# TASK:
Give back exactly the lines of the material below, starting with the line with "else (let byte_shift = shift / 8 in" and going on through the line with "else (record w".

# PROVIDED DATA:
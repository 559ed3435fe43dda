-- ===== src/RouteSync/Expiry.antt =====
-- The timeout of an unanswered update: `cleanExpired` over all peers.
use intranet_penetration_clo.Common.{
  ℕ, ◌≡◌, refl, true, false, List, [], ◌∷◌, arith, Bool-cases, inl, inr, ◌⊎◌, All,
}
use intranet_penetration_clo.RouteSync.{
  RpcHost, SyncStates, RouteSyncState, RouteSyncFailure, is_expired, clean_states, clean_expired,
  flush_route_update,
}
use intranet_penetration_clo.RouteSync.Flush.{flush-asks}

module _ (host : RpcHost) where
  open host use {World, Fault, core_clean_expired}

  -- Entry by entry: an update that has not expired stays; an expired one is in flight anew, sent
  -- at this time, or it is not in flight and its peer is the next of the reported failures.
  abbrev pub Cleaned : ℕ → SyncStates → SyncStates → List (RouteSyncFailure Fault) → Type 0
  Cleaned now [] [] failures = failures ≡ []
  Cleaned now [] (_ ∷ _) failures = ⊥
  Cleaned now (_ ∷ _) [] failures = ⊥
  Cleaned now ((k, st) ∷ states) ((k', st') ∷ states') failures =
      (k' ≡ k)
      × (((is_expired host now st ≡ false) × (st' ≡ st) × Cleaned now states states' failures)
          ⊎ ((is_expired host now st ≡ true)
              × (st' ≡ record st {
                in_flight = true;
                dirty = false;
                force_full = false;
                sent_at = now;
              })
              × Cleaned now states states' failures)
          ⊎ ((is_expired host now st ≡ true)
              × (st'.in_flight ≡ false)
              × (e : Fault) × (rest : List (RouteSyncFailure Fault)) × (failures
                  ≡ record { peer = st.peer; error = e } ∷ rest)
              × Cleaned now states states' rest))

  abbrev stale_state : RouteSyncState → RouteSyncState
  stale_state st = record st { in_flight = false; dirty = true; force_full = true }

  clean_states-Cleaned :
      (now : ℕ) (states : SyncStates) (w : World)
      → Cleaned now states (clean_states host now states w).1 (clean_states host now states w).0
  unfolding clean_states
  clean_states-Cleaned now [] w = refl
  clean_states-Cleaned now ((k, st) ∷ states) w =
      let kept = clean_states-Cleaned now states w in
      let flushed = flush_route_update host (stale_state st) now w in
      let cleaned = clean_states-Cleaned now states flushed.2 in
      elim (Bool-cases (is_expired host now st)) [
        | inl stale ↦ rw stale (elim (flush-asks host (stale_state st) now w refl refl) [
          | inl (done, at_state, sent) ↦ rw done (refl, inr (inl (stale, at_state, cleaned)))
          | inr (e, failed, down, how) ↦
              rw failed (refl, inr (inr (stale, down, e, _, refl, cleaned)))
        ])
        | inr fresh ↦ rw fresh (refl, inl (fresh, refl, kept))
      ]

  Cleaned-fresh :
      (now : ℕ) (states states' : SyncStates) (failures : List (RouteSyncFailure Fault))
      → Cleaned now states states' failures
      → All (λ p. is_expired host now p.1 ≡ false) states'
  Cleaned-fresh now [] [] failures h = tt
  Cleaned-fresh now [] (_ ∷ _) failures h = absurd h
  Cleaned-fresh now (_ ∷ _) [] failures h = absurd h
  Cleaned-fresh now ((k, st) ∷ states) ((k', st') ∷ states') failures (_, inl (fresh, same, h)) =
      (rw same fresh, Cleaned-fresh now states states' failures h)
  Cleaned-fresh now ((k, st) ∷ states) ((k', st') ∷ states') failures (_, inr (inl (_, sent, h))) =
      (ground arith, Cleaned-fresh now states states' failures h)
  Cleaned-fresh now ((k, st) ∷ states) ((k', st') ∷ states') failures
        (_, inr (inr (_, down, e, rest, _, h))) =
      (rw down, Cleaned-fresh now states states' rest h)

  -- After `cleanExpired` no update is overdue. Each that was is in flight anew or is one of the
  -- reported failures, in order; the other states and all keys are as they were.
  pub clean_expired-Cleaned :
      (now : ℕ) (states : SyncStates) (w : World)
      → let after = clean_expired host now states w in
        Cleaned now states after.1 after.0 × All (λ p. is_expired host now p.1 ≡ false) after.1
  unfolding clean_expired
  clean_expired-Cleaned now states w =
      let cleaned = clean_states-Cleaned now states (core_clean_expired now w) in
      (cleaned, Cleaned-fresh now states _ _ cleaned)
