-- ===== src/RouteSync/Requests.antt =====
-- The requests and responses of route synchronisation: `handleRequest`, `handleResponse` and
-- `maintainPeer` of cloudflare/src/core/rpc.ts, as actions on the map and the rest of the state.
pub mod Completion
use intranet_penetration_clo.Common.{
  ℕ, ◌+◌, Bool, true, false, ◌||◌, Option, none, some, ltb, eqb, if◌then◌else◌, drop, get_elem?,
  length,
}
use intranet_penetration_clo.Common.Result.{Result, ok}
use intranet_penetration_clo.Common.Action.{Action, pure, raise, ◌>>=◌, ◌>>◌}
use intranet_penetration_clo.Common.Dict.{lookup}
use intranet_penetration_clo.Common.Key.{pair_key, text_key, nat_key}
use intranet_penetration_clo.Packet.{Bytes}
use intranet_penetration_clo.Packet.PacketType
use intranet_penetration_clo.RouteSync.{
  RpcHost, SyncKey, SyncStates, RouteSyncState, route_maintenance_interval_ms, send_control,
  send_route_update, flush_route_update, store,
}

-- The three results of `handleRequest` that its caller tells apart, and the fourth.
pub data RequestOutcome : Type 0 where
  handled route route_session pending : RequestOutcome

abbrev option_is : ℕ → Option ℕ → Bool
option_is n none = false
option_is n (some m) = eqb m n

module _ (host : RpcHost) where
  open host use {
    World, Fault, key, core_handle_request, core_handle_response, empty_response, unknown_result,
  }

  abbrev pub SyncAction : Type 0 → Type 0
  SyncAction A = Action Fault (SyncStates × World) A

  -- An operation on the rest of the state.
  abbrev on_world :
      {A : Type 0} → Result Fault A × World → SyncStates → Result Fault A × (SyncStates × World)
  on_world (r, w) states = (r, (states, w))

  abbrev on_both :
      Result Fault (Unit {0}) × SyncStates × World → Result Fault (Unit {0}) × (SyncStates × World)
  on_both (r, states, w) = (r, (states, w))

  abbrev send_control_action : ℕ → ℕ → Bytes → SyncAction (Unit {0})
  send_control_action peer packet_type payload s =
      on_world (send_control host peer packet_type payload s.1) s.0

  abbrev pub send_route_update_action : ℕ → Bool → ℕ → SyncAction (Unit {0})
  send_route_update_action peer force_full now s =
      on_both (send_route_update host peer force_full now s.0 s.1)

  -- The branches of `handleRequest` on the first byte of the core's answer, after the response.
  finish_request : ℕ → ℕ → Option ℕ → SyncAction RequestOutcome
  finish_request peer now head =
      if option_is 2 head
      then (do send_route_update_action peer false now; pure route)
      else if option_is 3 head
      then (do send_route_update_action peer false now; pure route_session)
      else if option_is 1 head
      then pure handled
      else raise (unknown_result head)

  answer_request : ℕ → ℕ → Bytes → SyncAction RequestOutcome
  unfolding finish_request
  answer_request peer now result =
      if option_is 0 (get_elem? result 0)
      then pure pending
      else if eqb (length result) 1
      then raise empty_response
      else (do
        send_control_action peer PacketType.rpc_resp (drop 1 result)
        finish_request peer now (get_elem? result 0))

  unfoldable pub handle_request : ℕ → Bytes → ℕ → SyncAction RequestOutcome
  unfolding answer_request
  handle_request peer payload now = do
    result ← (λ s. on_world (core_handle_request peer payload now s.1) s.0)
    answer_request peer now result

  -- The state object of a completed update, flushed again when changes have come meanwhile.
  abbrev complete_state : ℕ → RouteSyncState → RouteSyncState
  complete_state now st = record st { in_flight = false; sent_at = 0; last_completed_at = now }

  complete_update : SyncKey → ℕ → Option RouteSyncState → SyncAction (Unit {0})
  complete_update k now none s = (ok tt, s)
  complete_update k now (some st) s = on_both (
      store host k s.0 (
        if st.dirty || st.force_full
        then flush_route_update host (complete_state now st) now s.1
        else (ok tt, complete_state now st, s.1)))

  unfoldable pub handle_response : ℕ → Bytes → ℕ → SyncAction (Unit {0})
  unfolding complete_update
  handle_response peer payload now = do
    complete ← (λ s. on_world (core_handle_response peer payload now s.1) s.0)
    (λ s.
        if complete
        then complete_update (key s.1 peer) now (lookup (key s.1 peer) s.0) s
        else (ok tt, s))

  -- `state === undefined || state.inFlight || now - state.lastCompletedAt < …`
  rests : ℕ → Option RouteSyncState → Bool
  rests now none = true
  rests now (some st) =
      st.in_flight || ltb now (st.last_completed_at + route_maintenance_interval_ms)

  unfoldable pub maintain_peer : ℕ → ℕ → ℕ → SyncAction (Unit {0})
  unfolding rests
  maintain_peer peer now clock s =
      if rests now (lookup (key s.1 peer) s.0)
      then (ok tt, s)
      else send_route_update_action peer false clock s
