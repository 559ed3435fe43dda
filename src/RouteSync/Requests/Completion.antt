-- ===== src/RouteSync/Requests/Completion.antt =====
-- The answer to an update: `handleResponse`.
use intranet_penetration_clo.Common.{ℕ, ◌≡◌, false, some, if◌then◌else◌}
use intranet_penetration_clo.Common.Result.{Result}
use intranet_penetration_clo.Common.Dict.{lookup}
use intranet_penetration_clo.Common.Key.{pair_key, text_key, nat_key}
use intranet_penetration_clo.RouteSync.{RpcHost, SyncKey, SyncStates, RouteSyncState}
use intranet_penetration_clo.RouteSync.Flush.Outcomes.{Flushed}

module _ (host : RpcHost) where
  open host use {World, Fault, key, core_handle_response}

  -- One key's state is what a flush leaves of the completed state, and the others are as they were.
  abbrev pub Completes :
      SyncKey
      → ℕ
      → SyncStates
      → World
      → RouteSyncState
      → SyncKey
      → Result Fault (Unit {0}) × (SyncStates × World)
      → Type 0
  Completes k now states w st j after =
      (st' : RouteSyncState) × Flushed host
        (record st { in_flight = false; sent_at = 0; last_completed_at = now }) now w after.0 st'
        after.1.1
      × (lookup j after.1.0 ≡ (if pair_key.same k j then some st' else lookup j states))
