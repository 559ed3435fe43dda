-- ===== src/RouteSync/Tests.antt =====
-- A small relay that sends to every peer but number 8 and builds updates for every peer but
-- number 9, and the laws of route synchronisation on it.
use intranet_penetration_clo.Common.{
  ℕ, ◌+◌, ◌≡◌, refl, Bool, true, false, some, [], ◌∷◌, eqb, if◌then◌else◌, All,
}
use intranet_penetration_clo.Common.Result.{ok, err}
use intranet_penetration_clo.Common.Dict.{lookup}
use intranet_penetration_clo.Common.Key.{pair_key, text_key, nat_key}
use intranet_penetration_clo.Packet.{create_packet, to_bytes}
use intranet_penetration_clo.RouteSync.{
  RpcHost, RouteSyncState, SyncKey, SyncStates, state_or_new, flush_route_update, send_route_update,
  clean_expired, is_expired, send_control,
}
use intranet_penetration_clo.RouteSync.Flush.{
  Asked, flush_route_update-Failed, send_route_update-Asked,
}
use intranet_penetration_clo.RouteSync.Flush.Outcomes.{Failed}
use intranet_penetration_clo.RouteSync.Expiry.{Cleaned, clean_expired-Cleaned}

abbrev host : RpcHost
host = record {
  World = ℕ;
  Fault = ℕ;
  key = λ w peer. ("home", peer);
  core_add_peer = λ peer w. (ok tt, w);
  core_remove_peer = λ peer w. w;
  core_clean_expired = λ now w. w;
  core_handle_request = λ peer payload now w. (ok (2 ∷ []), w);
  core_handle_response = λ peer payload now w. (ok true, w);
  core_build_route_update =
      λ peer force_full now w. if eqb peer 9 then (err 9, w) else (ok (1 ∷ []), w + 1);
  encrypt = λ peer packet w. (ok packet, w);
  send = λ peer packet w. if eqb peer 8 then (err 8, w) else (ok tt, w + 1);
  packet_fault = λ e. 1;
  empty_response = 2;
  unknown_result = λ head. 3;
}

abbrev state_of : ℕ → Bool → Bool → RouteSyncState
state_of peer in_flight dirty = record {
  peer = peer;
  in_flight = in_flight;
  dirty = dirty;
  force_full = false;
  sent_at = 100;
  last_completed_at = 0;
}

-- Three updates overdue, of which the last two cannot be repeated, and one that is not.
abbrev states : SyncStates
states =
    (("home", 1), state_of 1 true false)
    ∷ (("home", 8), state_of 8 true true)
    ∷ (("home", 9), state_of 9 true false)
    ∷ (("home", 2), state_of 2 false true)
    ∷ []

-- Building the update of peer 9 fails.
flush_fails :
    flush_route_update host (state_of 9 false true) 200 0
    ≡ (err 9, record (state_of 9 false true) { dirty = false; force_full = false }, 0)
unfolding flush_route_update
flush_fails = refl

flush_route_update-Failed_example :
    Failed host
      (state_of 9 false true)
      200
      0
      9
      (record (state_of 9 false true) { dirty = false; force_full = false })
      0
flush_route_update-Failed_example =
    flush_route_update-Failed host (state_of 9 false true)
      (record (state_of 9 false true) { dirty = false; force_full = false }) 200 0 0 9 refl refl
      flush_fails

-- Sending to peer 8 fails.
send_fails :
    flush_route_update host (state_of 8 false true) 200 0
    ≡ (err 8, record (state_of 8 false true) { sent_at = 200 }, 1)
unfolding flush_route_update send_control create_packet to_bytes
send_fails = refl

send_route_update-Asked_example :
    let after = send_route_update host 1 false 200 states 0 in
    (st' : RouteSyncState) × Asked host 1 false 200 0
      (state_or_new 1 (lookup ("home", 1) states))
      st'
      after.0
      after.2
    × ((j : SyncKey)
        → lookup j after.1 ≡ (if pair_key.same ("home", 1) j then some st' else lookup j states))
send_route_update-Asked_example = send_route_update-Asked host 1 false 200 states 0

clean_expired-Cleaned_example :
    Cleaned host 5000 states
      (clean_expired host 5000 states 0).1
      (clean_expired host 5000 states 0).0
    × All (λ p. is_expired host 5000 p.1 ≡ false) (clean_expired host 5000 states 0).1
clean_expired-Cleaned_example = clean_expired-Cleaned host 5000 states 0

--

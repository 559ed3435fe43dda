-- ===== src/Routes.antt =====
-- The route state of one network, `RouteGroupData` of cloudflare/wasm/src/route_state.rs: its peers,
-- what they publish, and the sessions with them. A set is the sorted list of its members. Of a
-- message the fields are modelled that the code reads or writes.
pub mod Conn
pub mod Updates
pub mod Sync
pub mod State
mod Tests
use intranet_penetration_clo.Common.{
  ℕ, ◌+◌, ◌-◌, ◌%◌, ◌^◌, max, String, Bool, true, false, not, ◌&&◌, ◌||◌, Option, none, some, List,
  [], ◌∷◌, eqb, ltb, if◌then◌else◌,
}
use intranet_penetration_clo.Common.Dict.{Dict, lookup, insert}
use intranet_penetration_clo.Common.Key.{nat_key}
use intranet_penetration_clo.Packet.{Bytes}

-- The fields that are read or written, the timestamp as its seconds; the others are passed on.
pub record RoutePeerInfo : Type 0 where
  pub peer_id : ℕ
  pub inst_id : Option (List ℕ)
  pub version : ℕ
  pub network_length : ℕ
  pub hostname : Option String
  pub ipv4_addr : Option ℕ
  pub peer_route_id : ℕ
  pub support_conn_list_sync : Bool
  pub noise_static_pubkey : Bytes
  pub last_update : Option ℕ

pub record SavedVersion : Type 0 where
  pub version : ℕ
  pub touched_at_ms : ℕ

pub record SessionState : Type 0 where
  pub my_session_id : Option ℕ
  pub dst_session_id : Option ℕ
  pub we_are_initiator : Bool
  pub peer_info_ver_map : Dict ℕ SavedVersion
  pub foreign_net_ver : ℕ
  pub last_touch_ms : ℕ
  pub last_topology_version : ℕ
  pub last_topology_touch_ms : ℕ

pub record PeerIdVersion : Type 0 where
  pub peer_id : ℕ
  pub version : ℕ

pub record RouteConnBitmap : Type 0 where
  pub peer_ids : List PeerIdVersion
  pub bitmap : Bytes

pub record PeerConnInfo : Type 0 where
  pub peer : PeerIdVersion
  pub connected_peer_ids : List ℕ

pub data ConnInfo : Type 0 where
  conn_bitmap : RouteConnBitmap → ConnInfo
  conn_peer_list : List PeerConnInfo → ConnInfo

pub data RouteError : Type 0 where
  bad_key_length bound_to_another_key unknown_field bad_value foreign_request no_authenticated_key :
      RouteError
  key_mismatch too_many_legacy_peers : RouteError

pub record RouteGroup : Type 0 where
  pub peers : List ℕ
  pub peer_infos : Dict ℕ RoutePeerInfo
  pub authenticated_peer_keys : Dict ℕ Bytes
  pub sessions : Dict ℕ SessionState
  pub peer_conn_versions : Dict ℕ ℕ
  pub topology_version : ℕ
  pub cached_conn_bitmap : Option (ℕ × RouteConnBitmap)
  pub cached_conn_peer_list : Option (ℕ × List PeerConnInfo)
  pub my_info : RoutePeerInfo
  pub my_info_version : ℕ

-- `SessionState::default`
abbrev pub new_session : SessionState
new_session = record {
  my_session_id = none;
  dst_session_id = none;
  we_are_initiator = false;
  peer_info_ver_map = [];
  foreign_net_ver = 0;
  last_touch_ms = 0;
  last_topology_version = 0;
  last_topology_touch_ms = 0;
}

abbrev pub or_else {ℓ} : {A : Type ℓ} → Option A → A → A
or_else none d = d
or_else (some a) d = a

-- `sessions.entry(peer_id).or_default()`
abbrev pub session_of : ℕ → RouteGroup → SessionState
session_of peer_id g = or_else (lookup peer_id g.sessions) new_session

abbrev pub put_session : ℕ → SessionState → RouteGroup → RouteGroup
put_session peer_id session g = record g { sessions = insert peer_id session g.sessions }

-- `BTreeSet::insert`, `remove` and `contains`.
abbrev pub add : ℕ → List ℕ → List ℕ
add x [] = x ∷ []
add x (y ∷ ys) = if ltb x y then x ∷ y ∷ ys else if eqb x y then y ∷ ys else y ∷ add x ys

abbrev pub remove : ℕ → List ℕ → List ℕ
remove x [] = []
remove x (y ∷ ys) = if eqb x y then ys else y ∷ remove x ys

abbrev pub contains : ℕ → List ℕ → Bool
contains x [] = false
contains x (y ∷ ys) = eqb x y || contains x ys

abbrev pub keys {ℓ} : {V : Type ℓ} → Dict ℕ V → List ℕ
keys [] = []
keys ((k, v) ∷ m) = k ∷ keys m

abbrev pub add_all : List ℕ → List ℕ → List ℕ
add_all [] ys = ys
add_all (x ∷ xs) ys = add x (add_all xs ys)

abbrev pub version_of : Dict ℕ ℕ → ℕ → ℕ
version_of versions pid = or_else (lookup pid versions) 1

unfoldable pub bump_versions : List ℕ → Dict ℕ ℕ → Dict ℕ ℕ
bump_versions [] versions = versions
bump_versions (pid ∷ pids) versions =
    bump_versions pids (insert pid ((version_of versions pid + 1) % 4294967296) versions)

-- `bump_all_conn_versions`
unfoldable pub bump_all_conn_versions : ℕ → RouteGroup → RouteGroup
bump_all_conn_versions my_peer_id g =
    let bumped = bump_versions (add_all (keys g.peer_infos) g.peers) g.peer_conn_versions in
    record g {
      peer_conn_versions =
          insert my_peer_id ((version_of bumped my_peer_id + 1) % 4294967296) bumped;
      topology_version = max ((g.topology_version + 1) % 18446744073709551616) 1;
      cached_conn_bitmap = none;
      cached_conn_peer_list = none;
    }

---

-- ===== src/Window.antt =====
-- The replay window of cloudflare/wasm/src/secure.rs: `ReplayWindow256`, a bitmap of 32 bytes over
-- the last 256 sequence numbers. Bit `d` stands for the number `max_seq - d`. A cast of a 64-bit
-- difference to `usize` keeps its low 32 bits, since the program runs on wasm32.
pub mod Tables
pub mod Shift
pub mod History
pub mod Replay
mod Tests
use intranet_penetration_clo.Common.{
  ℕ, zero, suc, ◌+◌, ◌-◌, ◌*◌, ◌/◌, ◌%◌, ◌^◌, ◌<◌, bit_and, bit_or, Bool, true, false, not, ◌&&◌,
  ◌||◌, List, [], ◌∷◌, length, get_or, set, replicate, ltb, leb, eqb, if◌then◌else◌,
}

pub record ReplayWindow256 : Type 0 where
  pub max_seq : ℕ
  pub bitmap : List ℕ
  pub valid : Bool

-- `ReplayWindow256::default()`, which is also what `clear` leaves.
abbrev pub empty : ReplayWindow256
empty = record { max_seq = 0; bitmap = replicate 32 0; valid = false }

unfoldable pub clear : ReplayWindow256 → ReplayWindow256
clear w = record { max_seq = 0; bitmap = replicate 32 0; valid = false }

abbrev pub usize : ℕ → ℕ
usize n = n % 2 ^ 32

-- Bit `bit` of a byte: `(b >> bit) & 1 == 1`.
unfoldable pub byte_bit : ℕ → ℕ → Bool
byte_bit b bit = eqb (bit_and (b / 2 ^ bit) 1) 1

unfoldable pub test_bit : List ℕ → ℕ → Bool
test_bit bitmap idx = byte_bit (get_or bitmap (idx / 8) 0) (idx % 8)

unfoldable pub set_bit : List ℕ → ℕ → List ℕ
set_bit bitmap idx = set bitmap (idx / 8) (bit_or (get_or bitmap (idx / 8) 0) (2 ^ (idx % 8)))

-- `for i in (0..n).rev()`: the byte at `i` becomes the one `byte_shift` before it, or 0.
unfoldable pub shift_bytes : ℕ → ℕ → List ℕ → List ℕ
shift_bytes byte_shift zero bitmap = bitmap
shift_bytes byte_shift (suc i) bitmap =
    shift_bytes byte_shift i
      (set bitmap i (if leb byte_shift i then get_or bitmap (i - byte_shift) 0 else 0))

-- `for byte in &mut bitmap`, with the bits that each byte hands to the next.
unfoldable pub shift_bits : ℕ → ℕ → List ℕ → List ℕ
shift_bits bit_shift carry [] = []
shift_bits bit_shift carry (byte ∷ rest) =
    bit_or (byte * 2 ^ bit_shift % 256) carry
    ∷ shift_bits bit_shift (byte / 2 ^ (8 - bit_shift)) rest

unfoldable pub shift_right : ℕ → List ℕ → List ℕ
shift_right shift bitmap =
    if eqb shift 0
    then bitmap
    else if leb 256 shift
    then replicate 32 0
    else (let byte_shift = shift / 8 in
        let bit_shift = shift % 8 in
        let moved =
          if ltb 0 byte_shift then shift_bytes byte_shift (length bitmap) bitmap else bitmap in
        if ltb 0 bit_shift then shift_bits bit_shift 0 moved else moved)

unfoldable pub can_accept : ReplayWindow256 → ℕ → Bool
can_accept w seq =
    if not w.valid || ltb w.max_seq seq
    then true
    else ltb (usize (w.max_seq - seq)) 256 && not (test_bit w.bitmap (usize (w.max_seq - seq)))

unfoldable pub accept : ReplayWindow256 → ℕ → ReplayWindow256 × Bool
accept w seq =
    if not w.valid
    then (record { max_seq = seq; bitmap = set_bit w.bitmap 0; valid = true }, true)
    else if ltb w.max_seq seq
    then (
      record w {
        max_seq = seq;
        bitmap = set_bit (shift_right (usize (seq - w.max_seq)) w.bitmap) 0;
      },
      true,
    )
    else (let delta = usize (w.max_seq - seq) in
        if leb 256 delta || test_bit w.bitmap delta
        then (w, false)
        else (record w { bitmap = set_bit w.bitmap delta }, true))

# TASK RESULT:
    else (let byte_shift = shift / 8 in
        let bit_shift = shift % 8 in
        let moved =
          if ltb 0 byte_shift then shift_bytes byte_shift (length bitmap) bitmap else bitmap in
        if ltb 0 bit_shift then shift_bits bit_shift 0 moved else moved)

unfoldable pub can_accept : ReplayWindow256 → ℕ → Bool
can_accept w seq =
    if not w.valid || ltb w.max_seq seq
    then true
    else ltb (usize (w.max_seq - seq)) 256 && not (test_bit w.bitmap (usize (w.max_seq - seq)))

unfoldable pub accept : ReplayWindow256 → ℕ → ReplayWindow256 × Bool
accept w seq =
    if not w.valid
    then (record { max_seq = seq; bitmap = set_bit w.bitmap 0; valid = true }, true)
    else if ltb w.max_seq seq
    then (
      record w {
        max_seq = seq;
        bitmap = set_bit (shift_right (usize (seq - w.max_seq)) w.bitmap) 0;
      },
      true,
    )
    else (let delta = usize (w.max_seq - seq) in
        if leb 256 delta || test_bit w.bitmap delta
        then (w, false)
        else (record w { bitmap = set_bit w.bitmap delta }, true))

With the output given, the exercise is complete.